Mega-yardage or ultra-short yardage, breaststorker or freesytyler, efficiency through the water is a key to fast swimming. To master this coordinated movement is to have a strong core, where the muscles of the abdominal wall are a primary component. Besides linking the movement of the upper and lower body, the abdominal muscles also assist with the body-rolling movements that happen during freestyle and backstroke, and are responsible for the movements of the torso during butterfly, breaststroke, and underwater dolphin kicking.
So what better way to tighten that core then to do a killer Ab workout in only 6 short minutes. And, the best part is, you can do this from your home. No, this isn’t “6 minute abs to get ripped six-packs for the gullible masses,” because we know that there’s more to abs than just exercising the muscles. This is a specific workout to help swimmers and athletes strengthen the muscles and improve athletic performance. Given the length of an average swim race, 6 minutes is actually enough to improve performance. Whenever you have some time to spare, take a sit anywhere and begin. Are you ready for this? Here it is:
6 Minute Six-Pack Abs Workout: this workout should be done either 3 or 4 time, but do what feels good to you. If at any point you stop during one of the exercises, do 12 deep air squats as a rest then go back into the exercise you were during and being from the beginning. Make sure you rest between sets, somewhere between 30 seconds to one minute.

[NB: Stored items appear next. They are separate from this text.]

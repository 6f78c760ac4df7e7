-- ===== src/Examples/Migrate.antt =====
-- Two migrations, of which a replica has applied one without an answer.
use fx_quotes.Prelude.{◌≡◌, refl, false, List, [], ◌∷◌, ◌++◌, Option, some, ok}
use fx_quotes.Text.{Text, codes, text_eq}
use fx_quotes.Usecase.Commands.{internal}
use fx_quotes.Postgres.Tx.{answered, unconfirmed}
use fx_quotes.Postgres.Migrate.{
  Migrated, MigrationIo, run_migrations, apply_all, apply_migration, recorded, sort_strings,
}
use fx_quotes.Postgres.Migrate.Replay.{IsReplay, apply_each, unmigrated, run_migrations-IsReplay}
use fx_quotes.Postgres.Migrate.Rerun.{run_migrations_twice}

abbrev quotes : Text
quotes = codes "migrations/001_quotes.sql"

abbrev indexes : Text
indexes = codes "migrations/002_indexes.sql"

-- The schema is the list of the scripts that have run.
abbrev files : Text → Option (List Text → Option (List Text))
files name = some (λ ran. some (ran ++ name ∷ []))

abbrev quiet : MigrationIo
quiet = record { prepare_fails = false; record_fails = false; commit = answered }

abbrev lost : MigrationIo
lost = record quiet { commit = unconfirmed internal }

-- The first of them is recorded already.
abbrev half_migrated : Migrated (List Text)
half_migrated = apply_each files [] ((quotes, lost) ∷ []) (unmigrated files [])

run_migrations-IsReplay_example :
    IsReplay files [] (run_migrations files (λ name. quiet) (indexes ∷ quotes ∷ []) half_migrated).0
run_migrations-IsReplay_example =
    run_migrations-IsReplay files [] ((quotes, lost) ∷ []) (λ name. quiet) (indexes ∷ quotes ∷ [])

half_migrated-runs :
    run_migrations files (λ name. quiet) (indexes ∷ quotes ∷ []) half_migrated
    ≡ (record { ledger = quotes ∷ indexes ∷ []; schema = quotes ∷ indexes ∷ [] }, ok tt)
unfolding run_migrations apply_all apply_migration recorded sort_strings text_eq
half_migrated-runs = refl

half_migrated-succeeds :
    (run_migrations files (λ name. quiet) (indexes ∷ quotes ∷ []) half_migrated).1 ≡ ok tt
unfolding run_migrations apply_all apply_migration recorded sort_strings text_eq
half_migrated-succeeds = refl

run_migrations_twice_example :
    let migrated = (run_migrations files (λ name. quiet) (indexes ∷ quotes ∷ []) half_migrated).0 in
    (run_migrations files (λ name. lost) (indexes ∷ quotes ∷ []) migrated).0 ≡ migrated
run_migrations_twice_example =
    run_migrations_twice files (λ name. quiet) (λ name. lost) (indexes ∷ quotes ∷ []) half_migrated
      half_migrated-succeeds
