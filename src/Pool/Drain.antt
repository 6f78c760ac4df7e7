-- ===== src/Pool/Drain.antt =====
-- The stop of the pool: the states that it can reach, and what its goroutines still have to do once
-- the context has ended.
use fx_quotes.Prelude.{
  ℕ, suc, ◌+◌, ◌≤◌, ◌≡◌, refl, ap, Bool, List, [], ◌∷◌, arith, length, length-replicate,
}
use fx_quotes.Pool.{
  Pool, Worker, heading, processing, returned, idling, backing_off, Recovery, entered, starting,
  recovering, done, checking, pausing, System, Move, stop, ask, answer, idled, woken, idle_stopped,
  backed_off, back_off_stopped, Moves, here, there, Step, work, entered_late, entered_early,
  started, launched, not_launched, recovered, resumed, recovery_stopped, Outside, notified, cancels,
}
use fx_quotes.Pool.Delays.{after_recover_bounds, notify_bound}

-- Before `Run` starts its goroutines there are none; later there are at most as many as `Config`
-- asks for.
abbrev pub IsStaffed : Pool → Recovery → List Worker → Type 0
IsStaffed pool entered ws = ws ≡ []
IsStaffed pool starting ws = ws ≡ []
IsStaffed pool (checking delay) ws = ws ≡ []
IsStaffed pool (pausing delay) ws = length ws ≡ pool.concurrency
IsStaffed pool recovering ws = length ws ≡ pool.concurrency
IsStaffed pool done ws = length ws ≤ pool.concurrency

abbrev pub IsSound : Pool → System → Type 0
IsSound pool s = (s.tokens ≤ pool.concurrency) × IsStaffed pool s.recovery s.workers

-- A course of the pool: its own steps are counted, what happens from outside is not.
pub data Course (pool : Pool) : ℕ → System → System → Type 0 where
  stays : (s : System) → Course pool 0 s s
  steps :
      (n : ℕ) (s s' s'' : System)
      → Step pool s s'
      → Course pool n s' s''
      → Course pool (suc n) s s''
  meets :
      (n : ℕ) (s s' s'' : System) → Outside pool s s' → Course pool n s' s'' → Course pool n s s''

-- The state when `Run` is called.
abbrev pub called : Bool → ℕ → System
called cancelled tokens = record {
  cancelled = cancelled;
  tokens = tokens;
  recovery = entered;
  workers = [];
}

-- The most steps that a goroutine takes once the context has ended.
abbrev pub worker_left : Worker → ℕ
worker_left returned = 0
worker_left heading = 1
worker_left processing = 1
worker_left (idling delay) = 2
worker_left (backing_off delay) = 2

abbrev pub workers_left : List Worker → ℕ
workers_left [] = 0
workers_left (w ∷ ws) = worker_left w + workers_left ws

abbrev pub recovery_left : Recovery → ℕ
recovery_left done = 0
recovery_left (pausing delay) = 1
recovery_left (checking delay) = 1
recovery_left entered = 1
recovery_left recovering = 2
recovery_left starting = 2

abbrev pub left_to_do : System → ℕ
left_to_do s = recovery_left s.recovery + workers_left s.workers

module _ (pool : Pool) where
  Move-tokens : (c : Bool) (t t' : ℕ) (w w' : Worker) → Move pool c t w t' w' → t' ≤ t
  Move-tokens c t t' w w' (stop _ _) = omega arith
  Move-tokens c t t' w w' (ask _ _) = omega arith
  Move-tokens c t t' w w' (answer _ _) = omega arith
  Move-tokens c t t' w w' (idled _ _) = omega arith
  Move-tokens c t t' w w' (woken _ _) = omega arith
  Move-tokens c t t' w w' (idle_stopped _ _ _) = omega arith
  Move-tokens c t t' w w' (backed_off _ _) = omega arith
  Move-tokens c t t' w w' (back_off_stopped _ _ _) = omega arith

  Moves-tokens :
      (c : Bool) (t t' : ℕ) (ws ws' : List Worker)
      → Moves pool c t ws t' ws'
      → (t' ≤ t) × (length ws' ≡ length ws)
  Moves-tokens c t t' ws ws' (here _ _ w w' rest m) = (Move-tokens c t t' w w' m, refl)
  Moves-tokens c t t' ws ws' (there _ _ w rest rest' m) =
      let (h, same) = Moves-tokens c t t' rest rest' m in (h, ap suc same)

  Moves-some : (c : Bool) (t t' : ℕ) (ws ws' : List Worker) → Moves pool c t ws t' ws' → ¬ (ws ≡ [])
  Moves-some c t t' ws ws' (here _ _ w w' rest m) h = omega (arith, ap length h)
  Moves-some c t t' ws ws' (there _ _ w rest rest' m) h = omega (arith, ap length h)

  Moves-IsStaffed :
      (c : Bool) (t t' : ℕ) (r : Recovery) (ws ws' : List Worker)
      → Moves pool c t ws t' ws'
      → IsStaffed pool r ws
      → IsStaffed pool r ws'
  Moves-IsStaffed c t t' entered ws ws' m h = absurd (Moves-some c t t' ws ws' m h)
  Moves-IsStaffed c t t' starting ws ws' m h = absurd (Moves-some c t t' ws ws' m h)
  Moves-IsStaffed c t t' (checking _) ws ws' m h = absurd (Moves-some c t t' ws ws' m h)
  Moves-IsStaffed c t t' (pausing _) ws ws' m h =
      let (_, same) = Moves-tokens c t t' ws ws' m in omega (arith, same, h)
  Moves-IsStaffed c t t' recovering ws ws' m h =
      let (_, same) = Moves-tokens c t t' ws ws' m in omega (arith, same, h)
  Moves-IsStaffed c t t' done ws ws' m h =
      let (_, same) = Moves-tokens c t t' ws ws' m in omega (arith, same, h)

  Step-IsSound : (s s' : System) → Step pool s s' → IsSound pool s → IsSound pool s'
  Step-IsSound s s' (work c t t' r ws ws' m) (h, staffed) =
      let (less, _) = Moves-tokens c t t' ws ws' m in
      (omega arith, Moves-IsStaffed c t t' r ws ws' m staffed)
  Step-IsSound s s' (entered_late t) (h, staffed) = (h, omega arith)
  Step-IsSound s s' (entered_early t) (h, staffed) = (h, refl)
  Step-IsSound s s' (started c t result) (h, staffed) =
      ((after_recover_bounds pool c result t h).3, refl)
  Step-IsSound s s' (launched t delay) (h, staffed) = (h, length-replicate pool.concurrency heading)
  Step-IsSound s s' (not_launched t delay) (h, staffed) = (h, omega arith)
  Step-IsSound s s' (recovered c t result ws) (h, staffed) =
      ((after_recover_bounds pool c result t h).3, staffed)
  Step-IsSound s s' (resumed t delay ws) (h, staffed) = (h, staffed)
  Step-IsSound s s' (recovery_stopped t delay ws) (h, staffed) = (h, omega (arith, staffed))

  Outside-IsSound : (s s' : System) → Outside pool s s' → IsSound pool s → IsSound pool s'
  Outside-IsSound s s' (notified c t r ws) (h, staffed) = (notify_bound pool t h, staffed)
  Outside-IsSound s s' (cancels c t r ws) (h, staffed) = (h, staffed)

  pub Course-IsSound :
      (n : ℕ) (s s' : System) → Course pool n s s' → IsSound pool s → IsSound pool s'
  Course-IsSound _ s s' (stays _) h = h
  Course-IsSound _ s s' (steps n _ next _ first rest) h =
      Course-IsSound n next s' rest (Step-IsSound s next first h)
  Course-IsSound _ s s' (meets n _ next _ first rest) h =
      Course-IsSound n next s' rest (Outside-IsSound s next first h)
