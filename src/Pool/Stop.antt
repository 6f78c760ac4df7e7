-- ===== src/Pool/Stop.antt =====
-- How the pool comes to rest behind the end of its context.
use fx_quotes.Prelude.{
  ℕ, ◌+◌, ◌*◌, ◌≤◌, ◌≡◌, refl, sym, ap, subst, All, Bool, true, List, [], ◌∷◌, ok, err, arith,
  length, ◌⊎◌, inl, inr,
}
use fx_quotes.Usecase.Service.{provider_required}
use fx_quotes.Pool.{
  Pool, after_process, Worker, heading, processing, returned, idling, backing_off, next_worker,
  Recovery, entered, starting, recovering, done, checking, pausing, System, Move, stop, ask, answer,
  idled, woken, idle_stopped, backed_off, back_off_stopped, Moves, here, there, Step, work,
  entered_late, entered_early, started, launched, not_launched, recovered, resumed,
  recovery_stopped, Outside, notified, cancels,
}
use fx_quotes.Pool.Drain.{
  IsStaffed, Course, stays, steps, meets, called, worker_left, workers_left, recovery_left,
  left_to_do, Course-IsSound,
}

module _ (pool : Pool) where
  -- However the steps of the pool, the notifications and the end of the context alternate after
  -- `Run` is called with at most `Concurrency` tokens, `wakeup` holds at most `Concurrency`
  -- tokens and there are at most `Concurrency` workers.
  pub course_bounds :
      (n t : ℕ) (c : Bool) (s : System)
      → t ≤ pool.concurrency
      → Course pool n (called c t) s
      → (s.tokens ≤ pool.concurrency) × (length s.workers ≤ pool.concurrency)
  course_bounds n t c s h course =
      let (tokens, staffed) = Course-IsSound pool n (called c t) s course (h, refl) in
      (tokens, staffed_bound s.recovery s.workers staffed)
    where
      staffed_bound :
          (r : Recovery) (ws : List Worker) → IsStaffed pool r ws → length ws ≤ pool.concurrency
      staffed_bound entered ws none_yet =
          subst (λ l. length l ≤ pool.concurrency) (sym none_yet) (omega arith)
      staffed_bound starting ws none_yet =
          subst (λ l. length l ≤ pool.concurrency) (sym none_yet) (omega arith)
      staffed_bound (checking _) ws none_yet =
          subst (λ l. length l ≤ pool.concurrency) (sym none_yet) (omega arith)
      staffed_bound (pausing _) ws all = omega (arith, all)
      staffed_bound recovering ws all = omega (arith, all)
      staffed_bound done ws some = some

  Move-left :
      (c : Bool) (t t' : ℕ) (w w' : Worker)
      → c ≡ true
      → Move pool c t w t' w'
      → worker_left w' + 1 ≤ worker_left w
  unfolding after_process
  Move-left c t t' w w' h (stop _ _) = omega arith
  Move-left c t t' w w' h (ask _ clash) = ground (arith, h, clash)
  Move-left c t t' w w' h (answer _ result) =
      subst (λ b. worker_left (next_worker (after_process pool b result)) + 1 ≤ 1) (sym h)
        (omega arith)
  Move-left c t t' w w' h (idled _ _) = omega arith
  Move-left c t t' w w' h (woken _ _) = omega arith
  Move-left c t t' w w' h (idle_stopped _ _ _) = omega arith
  Move-left c t t' w w' h (backed_off _ _) = omega arith
  Move-left c t t' w w' h (back_off_stopped _ _ _) = omega arith

  Moves-left :
      (c : Bool) (t t' : ℕ) (ws ws' : List Worker)
      → c ≡ true
      → Moves pool c t ws t' ws'
      → workers_left ws' + 1 ≤ workers_left ws
  Moves-left c t t' ws ws' h (here _ _ w w' rest m) = omega (arith, Move-left c t t' w w' h m)
  Moves-left c t t' ws ws' h (there _ _ w rest rest' m) =
      omega (arith, Moves-left c t t' rest rest' h m)

  Step-left :
      (s s' : System)
      → s.cancelled ≡ true
      → Step pool s s'
      → (s'.cancelled ≡ true) × (left_to_do s' + 1 ≤ left_to_do s)
  Step-left s s' h (work c t t' r ws ws' m) = (h, omega (arith, Moves-left c t t' ws ws' h m))
  Step-left s s' h (entered_late t) = (h, omega arith)
  Step-left s s' h (entered_early t) = ground (arith, h)
  Step-left s s' h (started c t result) = (h, omega arith)
  Step-left s s' h (launched t delay) = ground (arith, h)
  Step-left s s' h (not_launched t delay) = (h, omega arith)
  Step-left s s' h (recovered c t result ws) = (h, omega arith)
  Step-left s s' h (resumed t delay ws) = ground (arith, h)
  Step-left s s' h (recovery_stopped t delay ws) = (h, omega arith)

  Outside-left :
      (s s' : System)
      → s.cancelled ≡ true
      → Outside pool s s'
      → (s'.cancelled ≡ true) × (left_to_do s' ≡ left_to_do s)
  Outside-left s s' h (notified c t r ws) = (h, refl)
  Outside-left s s' h (cancels c t r ws) = (refl, refl)

  Course-left :
      (n : ℕ) (s s' : System)
      → s.cancelled ≡ true
      → Course pool n s s'
      → n + left_to_do s' ≤ left_to_do s
  Course-left _ s s' h (stays _) = omega arith
  Course-left _ s s' h (steps n _ next _ first rest) =
      let (h', less) = Step-left s next h first in omega (arith, Course-left n next s' h' rest)
  Course-left _ s s' h (meets n _ next _ first rest) =
      let (h', same) = Outside-left s next h first in omega (arith, Course-left n next s' h' rest)

  workers_left_bound : (ws : List Worker) → workers_left ws ≤ 2 * length ws
  workers_left_bound [] = omega arith
  workers_left_bound (w ∷ ws) = omega (arith, workers_left_bound ws, worker_left_bound w)
    where
      worker_left_bound : (w : Worker) → worker_left w ≤ 2
      worker_left_bound heading = omega arith
      worker_left_bound processing = omega arith
      worker_left_bound returned = omega arith
      worker_left_bound (idling _) = omega arith
      worker_left_bound (backing_off _) = omega arith

  recovery_left_bound : (r : Recovery) → recovery_left r ≤ 2
  recovery_left_bound entered = omega arith
  recovery_left_bound starting = omega arith
  recovery_left_bound recovering = omega arith
  recovery_left_bound done = omega arith
  recovery_left_bound (checking _) = omega arith
  recovery_left_bound (pausing _) = omega arith

  -- Once the context has ended, in any state that the pool reaches after `Run` is called with
  -- at most `Concurrency` tokens, its goroutines together take at most two steps per worker and
  -- two more, whatever the calls return, whichever of the ready cases `select` takes and
  -- however many notifications come.
  pub drain_terminates :
      (before after t : ℕ) (c : Bool) (s s' : System)
      → t ≤ pool.concurrency
      → Course pool before (called c t) s
      → s.cancelled ≡ true
      → Course pool after s s'
      → after ≤ 2 * pool.concurrency + 2
  drain_terminates before after t c s s' h reached stopped course = omega (
    arith,
    Course-left after s s' stopped course,
    course_bounds before t c s h reached,
    workers_left_bound s.workers,
    recovery_left_bound s.recovery,
  )

  -- A worker that has not returned can move.
  Moves-exist :
      (t : ℕ) (ws : List Worker)
      → All (λ w. w ≡ returned) ws ⊎ ((t' : ℕ) × (ws' : List Worker) × Moves pool true t ws t' ws')
  Moves-exist t [] = inl tt
  Moves-exist t (returned ∷ ws) = elim (Moves-exist t ws) [
    | inl h ↦ inl (refl, h)
    | inr (t', ws', m) ↦ inr (t', returned ∷ ws', there t t' returned ws ws' m)
  ]
  Moves-exist t (heading ∷ ws) = inr (t, returned ∷ ws, here t t heading returned ws (stop t refl))
  Moves-exist t (processing ∷ ws) =
      inr (t, _, here t t processing _ ws (answer t (err provider_required)))
  Moves-exist t (idling delay ∷ ws) =
      inr (t, returned ∷ ws, here t t (idling delay) returned ws (idle_stopped t delay refl))
  Moves-exist t (backing_off delay ∷ ws) =
      inr
        (t, returned ∷ ws, here t t (backing_off delay) returned ws (back_off_stopped t delay refl))

  some_worker : (w : Worker) (ws : List Worker) → ¬ ((w ∷ ws) ≡ [])
  some_worker w ws h = omega (arith, ap length h)

  Step-exists :
      (t : ℕ) (r : Recovery) (ws : List Worker)
      → IsStaffed pool r ws
      → let s : System = record { cancelled = true; tokens = t; recovery = r; workers = ws } in
        ((r ≡ done) × All (λ w. w ≡ returned) ws) ⊎ ((s' : System) × Step pool s s')
  Step-exists t entered [] h = inr (_, entered_late t)
  Step-exists t starting [] h = inr (_, started true t (ok []))
  Step-exists t (checking delay) [] h = inr (_, not_launched t delay)
  Step-exists t entered (w ∷ ws) h = absurd (some_worker w ws h)
  Step-exists t starting (w ∷ ws) h = absurd (some_worker w ws h)
  Step-exists t (checking _) (w ∷ ws) h = absurd (some_worker w ws h)
  Step-exists t (pausing delay) ws h = inr (_, recovery_stopped t delay ws)
  Step-exists t recovering ws h = inr (_, recovered true t (ok []) ws)
  Step-exists t done ws h = elim (Moves-exist t ws) [
    | inl h ↦ inl (refl, h)
    | inr (t', ws', m) ↦ inr (_, work true t t' done ws ws' m)
  ]

  -- Once the context has ended, in any state that the pool reaches after `Run` is called with
  -- at most `Concurrency` tokens, either recovery and all the workers have ended, or a step can
  -- be taken: the pool gets stuck in no other state.
  pub drain_moves :
      (n t : ℕ) (c : Bool) (s : System)
      → t ≤ pool.concurrency
      → Course pool n (called c t) s
      → s.cancelled ≡ true
      → ((s.recovery ≡ done) × All (λ w. w ≡ returned) s.workers) ⊎ ((s' : System) × Step pool s s')
  drain_moves n t c s h course stopped =
      let staffed = (Course-IsSound pool n (called c t) s course (h, refl)).1 in
      subst
        (λ b.
          let here_now : System = record {
            cancelled = b;
            tokens = s.tokens;
            recovery = s.recovery;
            workers = s.workers;
          } in
          ((s.recovery ≡ done) × All (λ w. w ≡ returned) s.workers)
          ⊎ ((s' : System) × Step pool here_now s'))
        (sym stopped) (Step-exists s.tokens s.recovery s.workers staffed)
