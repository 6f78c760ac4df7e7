-- ===== src/Pool/GoError.antt =====
-- Errors of Go as `errors.Is`, `errors.As` and `errors.Unwrap` read them, for `logError` of
-- internal/adapter/worker/pool.go and `logFailure` of cmd/fx-quotes/main.go.
use fx_quotes.Prelude.{◌≡◌, refl, Bool, false, ◌||◌, List, [], ◌∷◌, ◌++◌, map, Option, none, some}
use fx_quotes.Text.{Text}

-- One error of a tree: the text that `Error` gives, what `%T` prints, whether it is
-- `context.DeadlineExceeded` or `context.Canceled`, and what its `SQLState` gives, if it has one.
pub record Link : Type 0 where
  pub text : Text
  pub type_name : Text
  pub is_deadline : Bool
  pub is_canceled : Bool
  pub sql_state : Option Text

-- An error wraps none, one (`Unwrap() error`) or many (`Unwrap() []error`, as of `errors.Join`).
mutual
  pub data GoError : Type 0 where
    plain : Link → GoError
    wraps : Link → GoError → GoError
    joins : Link → GoErrors → GoError

  pub data GoErrors : Type 0 where
    nil : GoErrors
    cons : GoError → GoErrors → GoErrors

-- The tree in the order in which `errors.Is` and `errors.As` go through it: an error before those
-- that it wraps, each of these with its own before the next.
unfoldable mutual
  pub links : GoError → List Link
  links (plain l) = l ∷ []
  links (wraps l e) = l ∷ links e
  links (joins l es) = l ∷ links_of es

  pub links_of : GoErrors → List Link
  links_of nil = []
  links_of (cons e es) = links e ++ links_of es

-- `errors.Is`: some error of the tree passes the test.
unfoldable pub any_link : (Link → Bool) → List Link → Bool
any_link test [] = false
any_link test (l ∷ ls) = test l || any_link test ls

-- `errors.As` for `interface{ SQLState() string }`: the first error of the tree that has the method.
unfoldable pub first_state : List Link → Option Text
first_state [] = none
first_state (l ∷ ls) = state_or l.sql_state (first_state ls)
  where
    state_or : Option Text → Option Text → Option Text
    state_or none rest = rest
    state_or (some code) rest = some code

-- The loop on `errors.Unwrap`, which gives nothing for an error that wraps many.
unfoldable pub root : GoError → Link
root (plain l) = l
root (wraps l e) = root e
root (joins l es) = l

-- The same tree with other texts.
abbrev pub reword_link : (Text → Text) → Link → Link
reword_link f l = record {
  text = f l.text;
  type_name = l.type_name;
  is_deadline = l.is_deadline;
  is_canceled = l.is_canceled;
  sql_state = l.sql_state;
}

unfoldable mutual
  pub reword : (Text → Text) → GoError → GoError
  reword f (plain l) = plain (reword_link f l)
  reword f (wraps l e) = wraps (reword_link f l) (reword f e)
  reword f (joins l es) = joins (reword_link f l) (reword_all f es)

  pub reword_all : (Text → Text) → GoErrors → GoErrors
  reword_all f nil = nil
  reword_all f (cons e es) = cons (reword f e) (reword_all f es)

map-++ : (f : Link → Link) (xs ys : List Link) → map f (xs ++ ys) ≡ map f xs ++ map f ys
map-++ f [] ys = refl
map-++ f (x ∷ xs) ys = rw (map-++ f xs ys)

mutual
  unfolding links reword

  links-reword_tree :
      (f : Text → Text) (e : GoError) → links (reword f e) ≡ map (reword_link f) (links e)
  links-reword_tree f (plain l) = refl
  links-reword_tree f (wraps l e) = rw (links-reword_tree f e)
  links-reword_tree f (joins l es) = rw (links_of-reword_all f es)

  links_of-reword_all :
      (f : Text → Text) (es : GoErrors)
      → links_of (reword_all f es) ≡ map (reword_link f) (links_of es)
  links_of-reword_all f nil = refl
  links_of-reword_all f (cons e es) = rw (
    links-reword_tree f e,
    links_of-reword_all f es,
    map-++ (reword_link f) (links e) (links_of es),
  )

pub links-reword :
    (f : Text → Text) (e : GoError) → links (reword f e) ≡ map (reword_link f) (links e)
links-reword f e = links-reword_tree f e

pub root-reword : (f : Text → Text) (e : GoError) → root (reword f e) ≡ reword_link f (root e)
unfolding root reword
root-reword f (plain l) = refl
root-reword f (wraps l e) = root-reword f e
root-reword f (joins l es) = refl

-- A test that does not read texts.
pub any_link-map :
    (test : Link → Bool) (f : Link → Link)
    → ((l : Link) → test (f l) ≡ test l)
    → (ls : List Link) → any_link test (map f ls) ≡ any_link test ls
unfolding any_link
any_link-map test f same [] = refl
any_link-map test f same (l ∷ ls) = rw (same l, any_link-map test f same ls)

pub first_state-map :
    (f : Text → Text) (ls : List Link) → first_state (map (reword_link f) ls) ≡ first_state ls
unfolding first_state
first_state-map f [] = refl
first_state-map f (l ∷ ls) = rw (first_state-map f ls)
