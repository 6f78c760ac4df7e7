-- ===== src/Pool/Log.antt =====
-- `logError` of internal/adapter/worker/pool.go, and `logFailure` of cmd/fx-quotes/main.go: the
-- fields that they log of an error.
pub mod Fields
use fx_quotes.Prelude.{
  ℕ, ◌≡◌, Bool, true, ◌&&◌, ◌||◌, List, [], ◌∷◌, ◌++◌, Option, none, some, leb, ◌==◌, if◌then◌else◌,
}
use fx_quotes.Text.{Text, codes, byte_length, is_digit}
use fx_quotes.Pool.GoError.{GoError, Link, links, any_link, first_state, root}

unfoldable pub error_kind : GoError → Text
error_kind e =
    if any_link (λ l. l.is_deadline) (links e)
    then codes "deadline_exceeded"
    else if any_link (λ l. l.is_canceled) (links e)
    then codes "canceled"
    else codes "internal"

abbrev pub is_state_code : ℕ → Bool
is_state_code c = is_digit c || (leb b'A' c && leb c b'Z')

unfoldable pub all_state_codes : Text → Bool
all_state_codes [] = true
all_state_codes (c ∷ s) = is_state_code c && all_state_codes s

unfoldable pub valid_state : Text → Bool
valid_state code = byte_length code == 5 && all_state_codes code

unfoldable pub state_field : Option Text → List (Text × Text)
state_field none = []
state_field (some code) = if valid_state code then (codes "sqlstate", code) ∷ [] else []

-- The fields of `logFailure`.
unfoldable pub failure_fields : GoError → List (Text × Text)
failure_fields e =
    (codes "error_kind", error_kind e) ∷ (codes "error_type", (root e).type_name) ∷ []

-- The fields of `logError`.
unfoldable pub error_fields : GoError → List (Text × Text)
error_fields e =
    (codes "outcome", codes "error")
    ∷ (codes "error_kind", error_kind e)
    ∷ (codes "error_type", (root e).type_name)
    ∷ state_field (first_state (links e))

- Russian Twists with a kettle ball x 30
- MoreFit Climbers x 12
- V-ups x 12
You will be sore after this workout so make sure you stretch you abs. You can do this by lying on you stomach, placing your hands under your shoulders, and pressing your chest up, keeping your hips on the ground. This will help you not be too sore the next day and it also helps with the formation of you abs. Just spend a couple of minutes doing this stretch then you are good to go.